In this paper, we studied a novel problem of planning unobstructed paths in traffic-aware spatial networks (TAUP queries) to avoid the potential traffic congestions. We propose two probabilistic TAUP queries based on time threshold and congestion probability threshold, respectively. The TAUP queries are useful in some popular applications, such as planning unobstructed paths for VIP bags in airports and recommending convenient routes to travelers. As a solution, we constructed a traffic-aware spatial network to model the traffic awareness and developed two algorithms to compute the TAUP queries efficiently. The performance of the developed algorithms were verified by extensive experiments on real and synthetic spatial data.

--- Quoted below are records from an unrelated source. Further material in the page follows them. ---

-- Create answers "bad name" exactly for a name that SafeName refuses: where the folder is not the
-- top of the file system, no candidate for a safe name fails the check that it lies inside.
pub create_bad_name :
    (faults : Faults) (disk : Disk) (root : FilePath) (top : is_empty (clean root) ≡ false)
    (name : Text)
    → ((create faults disk root name).1 ≡ refused bad_name) ↔ (safe_name name ≡ none)
unfolding create
create_bad_name faults disk root top name = (only, λ e. rw e)
  where
    only : (create faults disk root name).1 ≡ refused bad_name → safe_name name ≡ none
    only h = elim (Option-cases (safe_name name)) [
      | inl e ↦ e
      | inr (safe, e) ↦
          let plain = (safe_name-IsSafe name safe e).plain in
          let made = (make_folders faults (clean root) disk).0 in
          let never = try_names_plain faults made root top safe (suc max_collisions) 0 plain in
          absurd (ground (arith, never))
    ]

Four interesting directions for future research exist. First, it is of our interest to establish a new pattern-based probabilistic model by analyzing historical traffic data, to replace the existing random-walk based model in uncertain trajectory construction (refer to Algorithm 1). Second, it is our plan to establish a new spatial index on traffic-aware spatial networks, and to develop a much tighter lower bound to prune the search space and to further enhance the query efficiency. Third, we are interested to study the cost-aware path planning problem in traffic-aware spatial networks. We may define different levels of segment cost in traffic-aware spatial networks, and low-cost segments (e.g., priority segment and express lane) may have higher priority in path planning. We may also make a trade-off between time/probability threshold and segment cost. Some paths may not guarantee the given thresholds, but they may achieve a comparable low travel cost, and they may still need to be taken into account. Fourth, we plan to adopt parallel computing technique to accelerate the process of traffic-aware spatial network construction, especially when we have massive volume of uncertain trajectories to be processed. The construction of traffic-aware spatial network takes two steps: first, we reconstruct uncertain trajectories to possible paths, and second we use these reconstructed paths to construct traffic-aware spatial network. The parallel computing technique is useful in the first step, because the reconstruction process for different uncertain trajectories are independent, and the whole task can easily be divided into N sub-tasks for N different workers. The overall performance of the first step can be improved by approximate N times in terms of CPU time.